▶ Exercise aim
Could you count how many lines of the data include "published" and answer with the number only?

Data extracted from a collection
######
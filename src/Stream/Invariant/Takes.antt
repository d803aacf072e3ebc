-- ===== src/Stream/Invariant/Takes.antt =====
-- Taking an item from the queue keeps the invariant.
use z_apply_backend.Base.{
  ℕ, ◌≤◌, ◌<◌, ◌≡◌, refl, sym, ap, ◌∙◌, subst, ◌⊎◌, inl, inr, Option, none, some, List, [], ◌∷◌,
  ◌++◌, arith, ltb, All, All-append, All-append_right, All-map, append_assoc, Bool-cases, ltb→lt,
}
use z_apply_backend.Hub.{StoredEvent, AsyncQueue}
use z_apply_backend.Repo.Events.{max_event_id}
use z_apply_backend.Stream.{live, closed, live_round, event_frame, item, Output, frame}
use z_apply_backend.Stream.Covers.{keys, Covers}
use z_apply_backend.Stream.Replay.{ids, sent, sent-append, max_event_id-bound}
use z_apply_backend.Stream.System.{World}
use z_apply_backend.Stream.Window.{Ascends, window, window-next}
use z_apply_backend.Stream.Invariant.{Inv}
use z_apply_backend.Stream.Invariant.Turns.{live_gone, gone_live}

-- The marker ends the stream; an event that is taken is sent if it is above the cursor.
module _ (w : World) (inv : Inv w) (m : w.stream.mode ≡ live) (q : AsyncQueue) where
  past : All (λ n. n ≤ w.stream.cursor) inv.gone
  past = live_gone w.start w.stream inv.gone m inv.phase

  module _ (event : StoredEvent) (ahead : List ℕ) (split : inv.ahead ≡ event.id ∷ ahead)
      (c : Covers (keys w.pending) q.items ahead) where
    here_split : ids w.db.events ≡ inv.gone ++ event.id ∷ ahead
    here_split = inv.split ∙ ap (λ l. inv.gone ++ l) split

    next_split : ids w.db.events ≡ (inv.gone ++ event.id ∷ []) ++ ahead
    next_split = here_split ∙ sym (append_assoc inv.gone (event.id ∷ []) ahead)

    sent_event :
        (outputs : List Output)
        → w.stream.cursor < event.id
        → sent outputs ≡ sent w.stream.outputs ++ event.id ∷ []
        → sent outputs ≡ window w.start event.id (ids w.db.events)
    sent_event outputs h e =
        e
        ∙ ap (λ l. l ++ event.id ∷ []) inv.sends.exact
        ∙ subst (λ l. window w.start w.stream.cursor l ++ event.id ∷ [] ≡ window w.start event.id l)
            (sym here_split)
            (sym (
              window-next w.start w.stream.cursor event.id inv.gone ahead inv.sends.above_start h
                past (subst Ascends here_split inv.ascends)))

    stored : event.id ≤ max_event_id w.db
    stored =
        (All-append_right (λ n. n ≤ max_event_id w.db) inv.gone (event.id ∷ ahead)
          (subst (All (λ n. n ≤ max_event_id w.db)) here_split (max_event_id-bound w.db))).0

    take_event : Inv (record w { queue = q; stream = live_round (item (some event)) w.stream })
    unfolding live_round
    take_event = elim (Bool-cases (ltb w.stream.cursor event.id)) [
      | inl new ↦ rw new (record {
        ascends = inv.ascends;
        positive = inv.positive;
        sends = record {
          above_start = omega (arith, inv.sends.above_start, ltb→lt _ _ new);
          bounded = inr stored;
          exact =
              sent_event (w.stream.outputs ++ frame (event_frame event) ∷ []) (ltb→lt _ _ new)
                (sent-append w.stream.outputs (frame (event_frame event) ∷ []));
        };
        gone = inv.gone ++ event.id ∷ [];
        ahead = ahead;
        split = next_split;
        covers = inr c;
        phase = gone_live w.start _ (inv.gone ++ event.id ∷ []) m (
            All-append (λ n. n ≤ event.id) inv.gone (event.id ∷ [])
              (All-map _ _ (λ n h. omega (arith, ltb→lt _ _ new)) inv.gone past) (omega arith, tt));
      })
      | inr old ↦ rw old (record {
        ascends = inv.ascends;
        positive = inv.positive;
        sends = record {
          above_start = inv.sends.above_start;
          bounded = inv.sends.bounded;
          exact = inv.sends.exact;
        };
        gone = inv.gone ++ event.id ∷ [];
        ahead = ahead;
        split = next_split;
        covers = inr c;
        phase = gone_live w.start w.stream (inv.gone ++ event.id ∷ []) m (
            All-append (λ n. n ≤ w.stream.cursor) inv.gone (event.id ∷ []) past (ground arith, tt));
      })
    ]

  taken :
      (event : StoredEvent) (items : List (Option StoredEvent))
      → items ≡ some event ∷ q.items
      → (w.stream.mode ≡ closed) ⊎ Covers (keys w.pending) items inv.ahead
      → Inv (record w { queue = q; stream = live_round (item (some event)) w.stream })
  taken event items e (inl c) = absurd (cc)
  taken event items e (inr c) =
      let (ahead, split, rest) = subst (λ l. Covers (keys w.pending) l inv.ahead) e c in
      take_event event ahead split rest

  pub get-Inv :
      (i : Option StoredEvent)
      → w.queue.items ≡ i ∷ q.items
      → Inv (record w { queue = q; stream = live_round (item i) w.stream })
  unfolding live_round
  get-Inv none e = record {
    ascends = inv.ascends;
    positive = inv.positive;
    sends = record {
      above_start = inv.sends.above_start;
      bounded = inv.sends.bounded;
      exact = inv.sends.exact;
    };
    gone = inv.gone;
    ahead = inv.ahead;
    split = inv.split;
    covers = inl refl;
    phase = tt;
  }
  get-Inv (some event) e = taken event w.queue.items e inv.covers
######
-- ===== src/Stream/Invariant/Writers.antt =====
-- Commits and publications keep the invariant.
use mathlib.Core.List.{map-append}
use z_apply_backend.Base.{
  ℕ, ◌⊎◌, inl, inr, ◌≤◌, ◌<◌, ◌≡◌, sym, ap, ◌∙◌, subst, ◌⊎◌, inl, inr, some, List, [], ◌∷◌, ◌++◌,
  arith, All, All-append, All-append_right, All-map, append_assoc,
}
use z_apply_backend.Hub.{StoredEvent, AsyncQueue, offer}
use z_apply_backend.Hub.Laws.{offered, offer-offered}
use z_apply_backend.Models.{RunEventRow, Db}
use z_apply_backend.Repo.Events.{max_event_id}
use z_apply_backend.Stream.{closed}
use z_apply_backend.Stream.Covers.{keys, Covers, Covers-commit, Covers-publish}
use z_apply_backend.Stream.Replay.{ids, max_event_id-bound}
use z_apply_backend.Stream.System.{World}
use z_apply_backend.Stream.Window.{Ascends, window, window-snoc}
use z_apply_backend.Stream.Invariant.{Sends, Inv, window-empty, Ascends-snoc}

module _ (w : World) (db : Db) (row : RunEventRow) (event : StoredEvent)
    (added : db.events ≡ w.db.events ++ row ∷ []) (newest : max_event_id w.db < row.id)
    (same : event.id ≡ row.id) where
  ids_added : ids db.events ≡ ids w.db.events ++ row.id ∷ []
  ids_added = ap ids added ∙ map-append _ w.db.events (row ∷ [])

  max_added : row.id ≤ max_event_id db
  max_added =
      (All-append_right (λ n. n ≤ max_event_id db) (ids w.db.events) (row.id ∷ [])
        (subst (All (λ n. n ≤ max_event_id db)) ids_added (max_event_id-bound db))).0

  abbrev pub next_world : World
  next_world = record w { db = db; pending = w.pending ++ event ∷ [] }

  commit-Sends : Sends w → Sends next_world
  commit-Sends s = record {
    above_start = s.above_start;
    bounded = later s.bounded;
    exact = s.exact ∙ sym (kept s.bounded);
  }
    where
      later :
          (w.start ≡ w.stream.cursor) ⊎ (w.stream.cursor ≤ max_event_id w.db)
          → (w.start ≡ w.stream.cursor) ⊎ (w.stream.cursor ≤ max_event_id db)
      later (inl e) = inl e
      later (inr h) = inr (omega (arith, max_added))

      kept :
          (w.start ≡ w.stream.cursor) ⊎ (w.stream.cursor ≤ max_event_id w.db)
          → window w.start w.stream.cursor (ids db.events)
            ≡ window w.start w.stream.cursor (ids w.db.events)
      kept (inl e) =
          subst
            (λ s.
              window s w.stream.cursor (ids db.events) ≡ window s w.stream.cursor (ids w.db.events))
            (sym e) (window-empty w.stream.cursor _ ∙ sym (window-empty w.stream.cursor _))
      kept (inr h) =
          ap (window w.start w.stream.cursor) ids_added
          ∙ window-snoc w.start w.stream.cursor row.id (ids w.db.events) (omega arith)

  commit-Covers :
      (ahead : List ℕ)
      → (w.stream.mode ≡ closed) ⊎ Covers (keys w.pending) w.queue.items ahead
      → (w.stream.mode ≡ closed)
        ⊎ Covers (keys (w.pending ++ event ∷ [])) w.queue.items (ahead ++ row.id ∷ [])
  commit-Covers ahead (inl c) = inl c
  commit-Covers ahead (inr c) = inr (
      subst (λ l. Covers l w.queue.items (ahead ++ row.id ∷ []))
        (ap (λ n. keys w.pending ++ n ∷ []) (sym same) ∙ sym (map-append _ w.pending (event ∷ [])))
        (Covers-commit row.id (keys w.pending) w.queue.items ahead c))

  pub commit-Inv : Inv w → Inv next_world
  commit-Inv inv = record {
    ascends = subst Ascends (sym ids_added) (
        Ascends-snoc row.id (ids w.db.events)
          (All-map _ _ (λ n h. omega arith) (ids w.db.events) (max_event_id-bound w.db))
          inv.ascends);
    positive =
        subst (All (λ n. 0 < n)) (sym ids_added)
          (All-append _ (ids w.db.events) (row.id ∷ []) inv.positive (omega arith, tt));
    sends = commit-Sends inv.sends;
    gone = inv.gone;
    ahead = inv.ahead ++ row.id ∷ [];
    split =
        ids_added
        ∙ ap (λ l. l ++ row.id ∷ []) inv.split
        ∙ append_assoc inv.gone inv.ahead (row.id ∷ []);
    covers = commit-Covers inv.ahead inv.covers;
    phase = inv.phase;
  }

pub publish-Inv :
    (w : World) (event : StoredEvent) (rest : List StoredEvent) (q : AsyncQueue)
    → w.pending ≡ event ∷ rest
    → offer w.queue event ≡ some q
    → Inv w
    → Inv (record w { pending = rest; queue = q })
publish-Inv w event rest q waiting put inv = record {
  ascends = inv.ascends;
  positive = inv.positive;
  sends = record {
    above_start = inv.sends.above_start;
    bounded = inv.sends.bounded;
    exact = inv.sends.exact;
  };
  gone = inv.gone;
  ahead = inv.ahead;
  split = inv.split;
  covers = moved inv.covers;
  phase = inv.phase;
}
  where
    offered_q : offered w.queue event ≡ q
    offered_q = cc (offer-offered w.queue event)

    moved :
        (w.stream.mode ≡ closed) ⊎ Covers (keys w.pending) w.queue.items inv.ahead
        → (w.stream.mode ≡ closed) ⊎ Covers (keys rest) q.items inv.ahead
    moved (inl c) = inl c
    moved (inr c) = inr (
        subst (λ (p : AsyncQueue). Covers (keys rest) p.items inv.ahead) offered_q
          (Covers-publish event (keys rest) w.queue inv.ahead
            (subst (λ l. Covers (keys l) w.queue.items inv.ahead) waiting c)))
######
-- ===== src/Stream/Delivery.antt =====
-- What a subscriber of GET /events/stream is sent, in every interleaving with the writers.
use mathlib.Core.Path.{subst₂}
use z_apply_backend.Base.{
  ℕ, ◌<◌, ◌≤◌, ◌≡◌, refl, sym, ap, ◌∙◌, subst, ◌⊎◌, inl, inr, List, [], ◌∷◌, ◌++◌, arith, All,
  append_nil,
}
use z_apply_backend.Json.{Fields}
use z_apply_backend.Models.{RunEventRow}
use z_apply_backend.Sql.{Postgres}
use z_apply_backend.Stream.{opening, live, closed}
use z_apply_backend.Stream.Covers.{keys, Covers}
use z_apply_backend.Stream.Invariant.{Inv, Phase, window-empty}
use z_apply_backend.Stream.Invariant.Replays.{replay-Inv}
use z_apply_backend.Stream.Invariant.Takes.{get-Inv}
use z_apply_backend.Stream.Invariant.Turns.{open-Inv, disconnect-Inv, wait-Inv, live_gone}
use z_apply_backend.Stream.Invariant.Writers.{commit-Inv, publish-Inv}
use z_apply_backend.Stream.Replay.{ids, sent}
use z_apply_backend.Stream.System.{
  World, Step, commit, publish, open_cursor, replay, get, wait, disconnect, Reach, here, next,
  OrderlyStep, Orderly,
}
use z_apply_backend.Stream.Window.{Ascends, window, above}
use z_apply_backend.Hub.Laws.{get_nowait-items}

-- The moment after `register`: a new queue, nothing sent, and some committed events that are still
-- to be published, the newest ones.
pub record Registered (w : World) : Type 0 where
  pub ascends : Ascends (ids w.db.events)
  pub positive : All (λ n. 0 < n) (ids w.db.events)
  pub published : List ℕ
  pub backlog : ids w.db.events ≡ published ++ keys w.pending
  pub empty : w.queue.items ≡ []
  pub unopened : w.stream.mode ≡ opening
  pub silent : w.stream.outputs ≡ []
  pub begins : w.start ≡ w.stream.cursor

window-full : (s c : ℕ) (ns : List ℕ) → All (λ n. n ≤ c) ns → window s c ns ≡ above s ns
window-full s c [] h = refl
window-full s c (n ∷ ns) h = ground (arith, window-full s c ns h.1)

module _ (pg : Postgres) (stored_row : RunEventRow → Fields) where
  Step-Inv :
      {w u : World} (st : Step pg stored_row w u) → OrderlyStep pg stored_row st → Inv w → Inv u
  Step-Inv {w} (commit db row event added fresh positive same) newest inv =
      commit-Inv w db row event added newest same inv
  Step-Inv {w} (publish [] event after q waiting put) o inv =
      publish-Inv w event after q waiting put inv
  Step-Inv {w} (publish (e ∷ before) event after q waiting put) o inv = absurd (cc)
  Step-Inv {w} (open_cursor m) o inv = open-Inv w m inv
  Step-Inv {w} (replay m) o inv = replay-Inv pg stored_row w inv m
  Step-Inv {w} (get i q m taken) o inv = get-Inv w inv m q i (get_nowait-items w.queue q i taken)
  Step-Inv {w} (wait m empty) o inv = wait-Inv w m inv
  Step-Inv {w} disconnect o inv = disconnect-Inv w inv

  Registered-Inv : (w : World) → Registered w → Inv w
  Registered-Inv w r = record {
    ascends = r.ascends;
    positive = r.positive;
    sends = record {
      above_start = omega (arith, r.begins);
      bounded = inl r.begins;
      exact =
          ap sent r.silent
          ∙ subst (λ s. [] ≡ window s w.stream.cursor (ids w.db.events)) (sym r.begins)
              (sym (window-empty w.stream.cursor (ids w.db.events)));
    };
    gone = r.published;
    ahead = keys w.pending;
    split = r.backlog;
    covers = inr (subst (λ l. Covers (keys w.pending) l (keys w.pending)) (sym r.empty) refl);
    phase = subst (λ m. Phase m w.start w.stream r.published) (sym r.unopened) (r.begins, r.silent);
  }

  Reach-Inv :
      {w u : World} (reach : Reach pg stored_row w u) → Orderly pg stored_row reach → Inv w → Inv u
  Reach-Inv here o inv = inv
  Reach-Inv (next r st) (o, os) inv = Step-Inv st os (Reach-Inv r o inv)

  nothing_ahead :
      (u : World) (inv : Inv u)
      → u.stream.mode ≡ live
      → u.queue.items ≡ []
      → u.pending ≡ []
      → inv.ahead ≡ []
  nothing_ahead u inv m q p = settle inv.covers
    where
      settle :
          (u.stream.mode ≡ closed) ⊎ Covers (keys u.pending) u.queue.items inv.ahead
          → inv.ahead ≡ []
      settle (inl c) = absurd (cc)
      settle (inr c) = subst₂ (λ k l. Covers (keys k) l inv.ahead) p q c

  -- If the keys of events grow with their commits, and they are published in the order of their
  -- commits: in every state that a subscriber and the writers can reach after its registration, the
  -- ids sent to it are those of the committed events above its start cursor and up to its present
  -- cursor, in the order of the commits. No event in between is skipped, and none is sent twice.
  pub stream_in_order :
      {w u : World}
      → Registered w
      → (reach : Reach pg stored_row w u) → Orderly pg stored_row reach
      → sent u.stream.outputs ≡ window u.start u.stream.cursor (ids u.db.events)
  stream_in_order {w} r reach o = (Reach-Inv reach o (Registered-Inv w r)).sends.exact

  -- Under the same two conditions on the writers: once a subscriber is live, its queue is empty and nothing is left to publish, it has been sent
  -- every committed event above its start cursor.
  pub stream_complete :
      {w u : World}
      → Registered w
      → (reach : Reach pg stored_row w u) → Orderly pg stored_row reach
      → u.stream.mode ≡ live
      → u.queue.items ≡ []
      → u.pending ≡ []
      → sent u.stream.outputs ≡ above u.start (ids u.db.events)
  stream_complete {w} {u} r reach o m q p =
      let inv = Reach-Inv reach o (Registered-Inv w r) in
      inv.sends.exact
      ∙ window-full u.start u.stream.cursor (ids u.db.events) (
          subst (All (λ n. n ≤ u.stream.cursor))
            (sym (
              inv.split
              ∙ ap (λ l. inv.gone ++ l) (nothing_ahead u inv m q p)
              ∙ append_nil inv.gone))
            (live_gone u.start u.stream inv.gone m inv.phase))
######
▶ Answer to the problem
6